Problem: Count the lines below that hold the string "Types". Give only that number.

Task input:
-=-=-

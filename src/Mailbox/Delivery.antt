-- ===== src/Mailbox/Delivery.antt =====
-- A message that a receive of mailbox_framework/kernel/mbox_kern.c hands out.
use c_data_structures.Prelude.{
  ℕ, ◌<◌, ◌≡◌, ◌∙◌, refl, ap, true, not, none, some, List, [], ◌∷◌, arith, ltb, if_intro,
}
use c_data_structures.Prelude.Int.{ℤ, pos}
use c_data_structures.Prelude.Run.{Run, ok, out_of_fuel, ◌>>=◌}
use c_data_structures.Mailbox.Types.{int32, Mailbox, Received, RecvReq, FileData}
use c_data_structures.Mailbox.Receive.{Wait, Dequeued, take_message, after_pass, mbox_dequeue}
use c_data_structures.Mailbox.Files.{
  Caller, Outcome, outcome, Copied, request, filled, recv_req_size,
}
use c_data_structures.Mailbox.Ioctl.{received_request, ioctl_recv}

pub dequeue_takes :
    (waits : List Wait) (m : Mailbox) (mask max_size : ℕ) (t : ℤ) (got : Received) (after : Mailbox)
    → take_message m mask max_size ≡ ok (some got, after)
    → mbox_dequeue waits m mask max_size t ≡ ok (pos got.size, some got, after)
unfolding mbox_dequeue after_pass
dequeue_takes [] m mask max_size t got after e = ap (λ r. r >>= after_pass none out_of_fuel t) e
dequeue_takes (wait ∷ waits) m mask max_size t got after e =
    ap (λ r. r >>= after_pass (some wait) (mbox_dequeue waits (wait.others m) mask max_size t) t) e

pub int32-pos : (n : ℕ) → n < 2147483648 → int32 n ≡ pos n
int32-pos n h = ground arith

answer_filled :
    (caller : Caller) (req : RecvReq)
    → caller.writable recv_req_size ≡ true
    → 0 < req.out_size
    → req.out_size < 2147483648
    → received_request caller req (pos req.out_size) ≡ (pos req.out_size, request req)
unfolding received_request
answer_filled caller req writable some_bytes few =
    let P : ℤ × Copied → Type 0 = λ t. t ≡ (pos req.out_size, request req) in
    if_intro P (ltb 0 req.out_size) _ _
      (λ _.
        if_intro P (caller.writable recv_req_size) _ _
          (λ _. ap (λ n. (n, request req)) (int32-pos req.out_size few)) (λ e. ground arith))
      (λ e. ground arith)

-- MBOX_IOC_RECV, when a message of at least one byte and below 2^31 is there and the caller's
-- memory can be read and written, takes the message, returns its size, and copies the request
-- alone, with the size and with 0 as the message's identifier; the payload reaches nobody.
pub ioctl_recv-drops_payload :
    (caller : Caller) (waits : List Wait) (fd : FileData) (m : Mailbox) (req : RecvReq)
    (got : Received) (after : Mailbox)
    → caller.readable ≡ true
    → caller.memory ≡ true
    → caller.writable recv_req_size ≡ true
    → 0 < got.size
    → got.size < 2147483648
    → take_message m req.channel_mask m.queue.msg_size ≡ ok (some got, after)
    → (req' : RecvReq) × (ioctl_recv caller waits fd m req
        ≡ ok (outcome fd after (request req') (pos got.size)))
      × (req'.out_size ≡ got.size)
      × (req'.out_msg_id ≡ 0)
unfolding ioctl_recv filled
ioctl_recv-drops_payload caller waits fd m req got after readable room writable some_bytes few e =
    let P : Run Outcome → Type 0 =
      λ t. t ≡ ok (outcome fd after (request (filled req (some got))) (pos got.size)) in
    let d =
      dequeue_takes waits m req.channel_mask m.queue.msg_size (int32 req.timeout_ms) got after e in
    (
      filled req (some got),
      if_intro P (not caller.readable) _ _ (λ e. ground arith)
          (λ _.
            if_intro P (not caller.memory) _ _ (λ e. ground arith)
              (λ _.
                ap
                  (λ (r : Run Dequeued). r >>= λ (ret, got, after).
                    let answer = received_request caller (filled req got) ret in
                    ok (outcome fd after answer.1 answer.0))
                  d
                ∙ ap (λ (t : ℤ × Copied). ok (outcome fd after t.1 t.0))
                    (answer_filled caller (filled req (some got)) writable some_bytes few))),
      refl,
      refl,
    )
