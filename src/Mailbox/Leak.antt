-- ===== src/Mailbox/Leak.antt =====
-- The slots that a receiver of mailbox_framework/kernel/mbox_kern.c passes over: they stay counted,
-- but never all of them.
use c_data_structures.Prelude.{ℕ, ◌<◌, ◌≤◌, ◌≡◌, false, List, arith, length, ltb}
use c_data_structures.Mailbox.Types.{MboxQueue, Mailbox}
use c_data_structures.Mailbox.Transfer.{mbox_queue_full, mbox_enqueue, sent}
use c_data_structures.Mailbox.Receive.{received}
use c_data_structures.Mailbox.Manage.{new_mailbox}
use c_data_structures.Mailbox.Ioctl.{ioctl_flush}
use c_data_structures.Mailbox.Window.{
  IsQueue, span, lost, Move, unmoved, urgent_drop, send, receive, sent-lost, unlocked-queue,
}
use c_data_structures.Mailbox.Steps.{
  Steps, start, step, flushed, Step-Move, Steps-IsQueue, new_mailbox-IsQueue,
}

-- Some slot is not lost.
abbrev pub HasSlot : MboxQueue → Type 0
HasSlot q = lost q < q.depth

Move-HasSlot : {q q' : MboxQueue} → Move q q' → IsQueue q → HasSlot q → HasSlot q'
unfolding lost span sent received
Move-HasSlot unmoved h s = s
Move-HasSlot urgent_drop h s = ground arith
Move-HasSlot {q = q} (send n room) h s = omega (arith, sent-lost q n h room)
Move-HasSlot {q = q} (receive j n fits within) h s = ground arith

flush-HasSlot : (m : Mailbox) → IsQueue m.queue → HasSlot (ioctl_flush m).queue
unfolding ioctl_flush lost span
flush-HasSlot m h = ground arith

Steps-HasSlot : {m m' : Mailbox} → IsQueue m.queue → HasSlot m.queue → Steps m m' → HasSlot m'.queue
Steps-HasSlot h s start = s
Steps-HasSlot h s (step before t) =
    let h' = Steps-IsQueue h before in Move-HasSlot (Step-Move h' t) h' (Steps-HasSlot h s before)
Steps-HasSlot h s (flushed before) = flush-HasSlot _ (Steps-IsQueue h before)

new_mailbox-HasSlot :
    (name : List ℕ) (id depth msg_size : ℕ)
    → 0 < depth
    → HasSlot (new_mailbox name id depth msg_size).queue
unfolding new_mailbox lost span
new_mailbox-HasSlot name id depth msg_size lo = ground arith

empty-not_full :
    (q : MboxQueue) → IsQueue q → HasSlot q → q.head ≡ q.tail → mbox_queue_full q ≡ false
unfolding mbox_queue_full lost span
empty-not_full q h s empty = ground arith

-- Whatever calls of processes and flushes have followed on a mailbox that `mbox_create` set up
-- with a valid depth: fewer slots are lost than there are, and where no message is left between
-- `tail` and `head`, `mbox_enqueue` of any payload that fits puts the message into the queue.
pub Steps-accepts :
    (name : List ℕ) (id depth msg_size : ℕ) {m : Mailbox}
    → 0 < depth
    → depth ≤ 4096
    → Steps (new_mailbox name id depth msg_size) m
    → (lost m.queue < m.queue.depth)
      × ((pid channel flags : ℕ) (payload : List ℕ)
          → m.queue.head ≡ m.queue.tail
          → length payload ≤ m.queue.msg_size
          → (mbox_enqueue pid m channel payload flags).1.queue ≡ sent m.queue (length payload))
unfolding mbox_enqueue
Steps-accepts name id depth msg_size {m = m} lo hi steps =
    let v = new_mailbox-IsQueue name id depth msg_size lo hi in
    let s = Steps-HasSlot v (new_mailbox-HasSlot name id depth msg_size lo) steps in
    let h = Steps-IsQueue v steps in
    (
      s,
      λ pid channel flags payload empty fits.
          let small : ltb m.queue.msg_size (length payload) ≡ false = ground arith in
          rw (small, empty-not_full m.queue h s empty) (unlocked-queue _ _),
    )
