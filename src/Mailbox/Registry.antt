-- ===== src/Mailbox/Registry.antt =====
-- The table of mailboxes of mailbox_framework/kernel/mbox_kern.c.
use mathlib.Core.Path.{subst}
use c_data_structures.Prelude.{
  ℕ, zero, suc, ◌+◌, ◌<◌, ◌≤◌, ◌≡◌, ◌≢◌, ◌∙◌, inl, inr, refl, sym, ap, Bool, true, false, not, ◌||◌,
  ◌&&◌, Option, none, some, List, [], ◌∷◌, arith, if◌then◌else◌, ltb, leb, ◌==◌, if_intro,
  Bool-cases, length, get_elem?, set, eq_of_some, get_elem?-set_self, get_elem?-set_ne, length-set,
}
use c_data_structures.Prelude.Run.{Run, ok, eq_of_ok}
use c_data_structures.Mailbox.Types.{Mailbox, enomem}
use c_data_structures.Mailbox.Manage.{
  MboxGlobal, Created, err_ptr, created, new_mailbox, valid_args, free_slot, mbox_create,
  mbox_destroy, destroy_all,
}

-- Slot `i` holds nothing or the mailbox `i`, and the slots from `next_id` on were never used.
pub record IsRegistry (g : MboxGlobal) : Type 0 where
  pub slots : length g.instances ≡ 64
  pub own_id : (i : ℕ) (mbox : Mailbox) → get_elem? g.instances i ≡ some (some mbox) → mbox.id ≡ i
  pub unused : (i : ℕ) → g.next_id ≤ i → i < 64 → get_elem? g.instances i ≡ some none

set-IsRegistry :
    (g : MboxGlobal) (mbox : Mailbox) (region class : Bool) (major : ℕ)
    → IsRegistry g
    → mbox.id ≡ g.next_id
    → mbox.id < 64
    → IsRegistry (record {
      region = region;
      class = class;
      major = major;
      instances = set g.instances mbox.id (some mbox);
      next_id = g.next_id + 1;
    })
set-IsRegistry g mbox region class major h e small = record {
  slots = length-set g.instances mbox.id (some mbox) ∙ h.slots;
  own_id = (λ i other at. elim (Bool-cases (mbox.id == i)) [
    | inl equal ↦
        let here : mbox.id ≡ i = ground arith in
        let found =
          subst (λ j. get_elem? (set g.instances mbox.id (some mbox)) j ≡ some (some other))
            (sym here) at in
        let same = eq_of_some (
          eq_of_some (
            sym found
            ∙ get_elem?-set_self g.instances mbox.id (some mbox) (omega (arith, h.slots)))) in
        ap (λ (m : Mailbox). m.id) same ∙ here
    | inr differs ↦
        let away : mbox.id ≢ i = ground arith in
        h.own_id i other (sym (get_elem?-set_ne g.instances (some mbox) away) ∙ at)
  ]);
  unused = (λ i later inside.
      get_elem?-set_ne g.instances (some mbox) (omega arith) ∙ h.unused i (omega arith) inside);
}

free_slot-none :
    (xs : List (Option Mailbox)) (i : ℕ) → get_elem? xs i ≡ some none → free_slot xs i ≡ true
unfolding free_slot
free_slot-none xs i e =
    ap
      (λ (o : Option (Option Mailbox)). elim o as (λ _. Bool) [
        | none ↦ false
        | some slot ↦ elim slot [ none ↦ true | some mbox ↦ false ]
      ])
      e

-- The mailbox in its slot, as long as there is one; the identifier is used up in any case.
unfoldable pub create_result : MboxGlobal → Mailbox → Run (Created × MboxGlobal)
create_result g mbox =
    if ltb g.next_id 64
    then ok (
      created mbox,
      record g { next_id = g.next_id + 1; instances = set g.instances g.next_id (some mbox) },
    )
    else ok (err_ptr enomem, record g { next_id = g.next_id + 1 })

-- In a valid table of mailboxes, with valid arguments and the memory granted, `mbox_create`
-- makes the mailbox in the slot of the next identifier when this is below 64, and else fails
-- with -ENOMEM; the identifier is used up either way, being below 2^31.
mbox_create-lem :
    (g : MboxGlobal) (name : List ℕ) (depth msg_size : ℕ)
    → IsRegistry g
    → g.next_id < 2147483648
    → valid_args name depth msg_size ≡ true
    → mbox_create true true g name depth msg_size
      ≡ create_result g (new_mailbox name g.next_id depth msg_size)
unfolding mbox_create create_result
mbox_create-lem g name depth msg_size h small valid =
    let free : g.next_id < 64 → free_slot g.instances g.next_id ≡ true =
      λ lt. free_slot-none g.instances g.next_id (h.unused g.next_id (omega arith) lt) in
    let P : Run (Created × MboxGlobal) → Type 0 =
      λ r. r ≡ create_result g (new_mailbox name g.next_id depth msg_size) in
    if_intro P (not (valid_args name depth msg_size)) _ _ (λ e. ground arith)
      (λ e.
        if_intro P (leb 2147483648 g.next_id) _ _ (λ e. ground arith)
          (λ e.
            if_intro P (ltb g.next_id 64 && free_slot g.instances g.next_id) _ _ (λ e. ground arith)
              (λ e. ground arith)))

pub mbox_create-IsRegistry :
    (g g' : MboxGlobal) (kzalloc vmalloc : Bool) (name : List ℕ) (depth msg_size : ℕ) (r : Created)
    → IsRegistry g
    → mbox_create kzalloc vmalloc g name depth msg_size ≡ ok (r, g')
    → IsRegistry g' × (g.next_id ≤ g'.next_id)
unfolding mbox_create new_mailbox
mbox_create-IsRegistry g g' kzalloc vmalloc name depth msg_size r h =
    let P : Run (Created × MboxGlobal) → Type 0 =
      λ t. t ≡ ok (r, g') → IsRegistry g' × (g.next_id ≤ g'.next_id) in
    let done : (c : Created) (g1 : MboxGlobal)
        → IsRegistry g1
        → g.next_id ≤ g1.next_id
        → P (ok (c, g1)) =
      λ c g1 k le e.
        subst (λ (t : Created × MboxGlobal). IsRegistry t.1 × (g.next_id ≤ t.1.next_id))
          (eq_of_ok e) (k, le) in
    if_intro P (not (valid_args name depth msg_size)) _ _ (λ e. done _ g h (omega arith))
      (λ e.
        if_intro P (not kzalloc || not vmalloc) _ _ (λ e. done _ g h (omega arith))
          (λ e.
            if_intro P (leb 2147483648 g.next_id) _ _ (λ e e'. ground arith)
              (λ e.
                if_intro P (ltb g.next_id 64 && free_slot g.instances g.next_id) _ _
                  (λ e.
                    done _ _
                      (set-IsRegistry g (new_mailbox name g.next_id depth msg_size) g.region g.class
                        g.major h refl (ground arith))
                      (omega arith))
                  (λ e.
                    done _ _
                      (record {
                        slots = h.slots;
                        own_id = h.own_id;
                        unused = (λ i later inside. h.unused i (omega arith) inside);
                      })
                      (omega arith)))))

-- A slot that is empty stays so.
set-none :
    (xs : List (Option Mailbox)) (i j : ℕ)
    → get_elem? xs j ≡ some none
    → get_elem? (set xs i none) j ≡ some none
set-none [] i j e = ground arith
set-none (x ∷ xs) zero zero e = refl
set-none (x ∷ xs) zero (suc j) e = e
set-none (x ∷ xs) (suc i) zero e = e
set-none (x ∷ xs) (suc i) (suc j) e = set-none xs i j e

set-none_other :
    (xs : List (Option Mailbox)) (i j : ℕ) (mbox : Mailbox)
    → get_elem? (set xs i none) j ≡ some (some mbox)
    → get_elem? xs j ≡ some (some mbox)
set-none_other [] i j mbox e = e
set-none_other (x ∷ xs) zero zero mbox e = ground arith
set-none_other (x ∷ xs) zero (suc j) mbox e = e
set-none_other (x ∷ xs) (suc i) zero mbox e = e
set-none_other (x ∷ xs) (suc i) (suc j) mbox e = set-none_other xs i j mbox e

pub mbox_destroy-IsRegistry :
    (g : MboxGlobal) (mbox : Option Mailbox) → IsRegistry g → IsRegistry (mbox_destroy g mbox)
unfolding mbox_destroy
mbox_destroy-IsRegistry g none h = h
mbox_destroy-IsRegistry g (some mbox) h =
    if_intro IsRegistry (ltb mbox.id 64) _ _
      (λ e. record {
        slots = length-set g.instances mbox.id none ∙ h.slots;
        own_id = (λ i other at. h.own_id i other (set-none_other g.instances mbox.id i other at));
        unused = (λ i later inside. set-none g.instances mbox.id i (h.unused i later inside));
      })
      (λ e. h)

mbox_destroy-none :
    (g : MboxGlobal) (mbox : Option Mailbox) (j : ℕ)
    → get_elem? g.instances j ≡ some none
    → get_elem? (mbox_destroy g mbox).instances j ≡ some none
unfolding mbox_destroy
mbox_destroy-none g none j e = e
mbox_destroy-none g (some mbox) j e =
    if_intro (λ (t : MboxGlobal). get_elem? t.instances j ≡ some none) (ltb mbox.id 64) _ _
      (λ _. set-none g.instances mbox.id j e) (λ _. e)

pub destroy_all-none :
    (left i : ℕ) (g : MboxGlobal) (j : ℕ)
    → get_elem? g.instances j ≡ some none
    → get_elem? (destroy_all left i g).instances j ≡ some none
unfolding destroy_all
destroy_all-none zero i g j e = e
destroy_all-none (suc left) i g j e =
    elim (get_elem? g.instances i)
      as (λ o.
        get_elem?
          (elim o as (λ _. MboxGlobal) [
            | none ↦ g
            | some slot ↦ destroy_all left (i + 1) (mbox_destroy g slot)
          ]).instances
          j
        ≡ some none) [
          | none ↦ e
          | some slot ↦
              destroy_all-none left (i + 1) (mbox_destroy g slot) j (mbox_destroy-none g slot j e)
        ]
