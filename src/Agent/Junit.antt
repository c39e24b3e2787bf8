-- ===== src/Agent/Junit.antt =====
-- `counts_from_junit` of test-server/test_server/agent.py, behind the XML reader: an element of the
-- tree has a tag, attributes and children. As for `int`, texts have code points up to U+00FF.
use slack_runtests.Prelude.{
  Bool, List, Option, Text, Text-discrete, [], codes, contains, false, if◌then◌else◌, is_empty,
  keep_if, leb, map, negate, negsuc, none, not, or_default, pos, refl, some, tests, true,
  ℕ_discrete, ℤ, ◌&&◌, ◌++◌, ◌+ℤ◌, ◌+◌, ◌==◌, ◌||◌, ◌∷◌, ◌≡◌, text_eq, option_eq, nat_eq, int_eq,
}
use slack_runtests.Strings.{is_digit, is_space, strip}
use slack_runtests.Python.{Result, ok, parse_int, raised, value_error, ◌>>=◌}

mutual
  pub data Node : Type 0 where
    element : Text → List (Text × Text) → Nodes → Node

  pub data Nodes : Type 0 where
    nil : Nodes
    cons : Node → Nodes → Nodes

abbrev pub tag_of : Node → Text
tag_of (element tag attributes children) = tag

-- `element.get(key)`
unfoldable pub value_of : Text → List (Text × Text) → Option Text
value_of key [] = none
value_of key ((k, v) ∷ more) = if k == key then some v else value_of key more

unfoldable pub get_of : Text → Node → Option Text
unfolding value_of
get_of key (element tag attributes children) = value_of key attributes

-- `element.iter(tag)`: the element and all below it with the tag, in the order of the document.
unfoldable mutual
  pub iter : Text → Node → List Node
  iter tag (element t attributes children) =
      let below = iter_all tag children in
      if t == tag then element t attributes children ∷ below else below

  pub iter_all : Text → Nodes → List Node
  iter_all tag nil = []
  iter_all tag (cons n more) = iter tag n ++ iter_all tag more

-- `element.find(tag) is not None`
unfoldable pub has_child : Text → Nodes → Bool
has_child tag nil = false
has_child tag (cons n more) = tag_of n == tag || has_child tag more

unfoldable pub finds : Text → Node → Bool
unfolding has_child
finds tag (element t attributes children) = has_child tag children

-- A run of digits, with a single `_` allowed between two of them, and what follows it.
unfoldable pub digits_from : Bool → Text → Option Text
unfolding is_digit
digits_from after_digit [] = if after_digit then some [] else none
digits_from after_digit (c ∷ s) =
    let as_digit = digits_from true s in
    let as_underscore = digits_from false s in
    if is_digit c
    then as_digit
    else if not after_digit
    then none
    else if c == b'_'
    then as_underscore
    else some (c ∷ s)

abbrev pub unsigned_part : Text → Text
unsigned_part [] = []
unsigned_part (c ∷ s) = if c == b'+' || c == b'-' then s else c ∷ s

abbrev pub is_end : Option Text → Bool
is_end none = false
is_end (some rest) = is_empty rest

unfoldable pub is_exponent : Text → Bool
unfolding digits_from
is_exponent [] = true
is_exponent (c ∷ s) = (c == b'e' || c == b'E') && is_end (digits_from false (unsigned_part s))

-- What follows the digits in front of the point.
unfoldable pub is_fraction : Text → Bool
unfolding digits_from is_exponent
is_fraction [] = true
is_fraction (c ∷ s) =
    if c == b'.'
    then elim (digits_from false s) [ none ↦ is_exponent s | some rest ↦ is_exponent rest ]
    else is_exponent (c ∷ s)

unfoldable pub starts_fraction : Text → Bool
unfolding digits_from is_exponent
starts_fraction [] = false
starts_fraction (c ∷ s) =
    c == b'.' && elim (digits_from false s) [ none ↦ false | some rest ↦ is_exponent rest ]

unfoldable pub lower : Text → Text
lower = map (λ c. if leb b'A' c && leb c b'Z' then c + 32 else c)

-- Does `float(text)` return?
unfoldable pub is_float : Text → Bool
unfolding strip digits_from is_fraction starts_fraction lower
is_float s =
    let number = unsigned_part (strip s) in
    contains (codes "inf" ∷ codes "infinity" ∷ codes "nan" ∷ []) (lower number)
    || elim (digits_from false number) [
      | none ↦ starts_fraction number
      | some rest ↦ is_fraction rest
    ]

-- `int(suite.get(key, 0) or 0)`
unfoldable pub int_of : Option Text → Result ℤ
unfolding parse_int
int_of attribute =
    if is_empty (or_default attribute [])
    then ok (pos 0)
    else elim (parse_int (or_default attribute [])) [ none ↦ raised value_error | some n ↦ ok n ]

-- `float(suite.get("time", 0) or 0)`, whose value is only logged.
unfoldable pub float_of : Option Text → Result (Unit {0})
unfolding is_float
float_of attribute =
    if is_empty (or_default attribute []) || is_float (or_default attribute [])
    then ok tt
    else raised value_error

pub record Totals : Type 0 where
  pub total : ℤ
  pub failures : ℤ
  pub errors : ℤ
  pub skipped : ℤ
  pub failed_ids : List Text

abbrev pub no_totals : Totals
no_totals = record {
  total = pos 0;
  failures = pos 0;
  errors = pos 0;
  skipped = pos 0;
  failed_ids = [];
}

-- The name under which a failed case is listed.
unfoldable pub id_of : Node → Text
unfolding get_of
id_of case =
    let name = or_default (get_of (codes "name") case) (codes "?") in
    let cls = or_default (get_of (codes "classname") case) [] in
    if is_empty cls then name else cls ++ codes "::" ++ name

unfoldable pub is_failed : Node → Bool
unfolding finds
is_failed case = finds (codes "failure") case || finds (codes "error") case

unfoldable pub failed_of : List Node → List Text
unfolding is_failed id_of
failed_of cases = map id_of (keep_if is_failed cases)

-- The body of the loop over the suites.
unfoldable pub add_suite : Node → Totals → Result Totals
unfolding get_of int_of float_of iter failed_of
add_suite suite t = do
  tests ← int_of (get_of (codes "tests") suite)
  failed ← int_of (get_of (codes "failures") suite)
  erred ← int_of (get_of (codes "errors") suite)
  skips ← int_of (get_of (codes "skipped") suite)
  timed ← float_of (get_of (codes "time") suite)
  ok (record {
    total = t.total +ℤ tests;
    failures = t.failures +ℤ failed;
    errors = t.errors +ℤ erred;
    skipped = t.skipped +ℤ skips;
    failed_ids = t.failed_ids ++ failed_of (iter (codes "testcase") suite);
  })

unfoldable pub add_suites : List Node → Totals → Result Totals
unfolding add_suite
add_suites [] t = ok t
add_suites (suite ∷ suites) t = do t' ← add_suite suite t; add_suites suites t'

-- What a report says, without the time of the suite.
pub record JunitCounts : Type 0 where
  pub passed : ℤ
  pub failed : ℤ
  pub skipped : ℤ
  pub failed_ids : List Text

-- `max(n, 0)`
abbrev pub at_least_zero : ℤ → ℤ
at_least_zero (pos n) = pos n
at_least_zero (negsuc n) = pos 0

abbrev pub counts_of_totals : Totals → JunitCounts
counts_of_totals t =
    let failed_all = t.failures +ℤ t.errors in
    record {
      passed = at_least_zero (t.total +ℤ negate failed_all +ℤ negate t.skipped);
      failed = failed_all;
      skipped = t.skipped;
      failed_ids = t.failed_ids;
    }

unfoldable pub suites_of : Node → List Node
unfolding iter
suites_of root =
    if tag_of root == codes "testsuite" then root ∷ [] else iter (codes "testsuite") root

-- `counts_from_junit`; there is no tree where the file cannot be read or is no XML.
unfoldable pub counts_from_junit : Option Node → Result JunitCounts
unfolding suites_of add_suites
counts_from_junit none = ok (counts_of_totals no_totals)
counts_from_junit (some root) = do
  t ← add_suites (suites_of root) no_totals
  ok (counts_of_totals t)

floats :
    (is_float (codes "0.041") ≡ true)
    × (is_float (codes " -1_0.e+5 ") ≡ true)
    × (is_float (codes ".5") ≡ true)
    × (is_float (codes "Infinity") ≡ true)
    × (is_float (codes "1_.5") ≡ false)
    × (is_float (codes ".") ≡ false)
    × (is_float (codes "1e") ≡ false)
unfolding is_float digits_from is_fraction is_exponent starts_fraction lower is_digit strip is_space
    ℕ_discrete Text-discrete
floats = (refl, refl, refl, refl, refl, refl, refl)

-=-=-

Solution to the problem: 3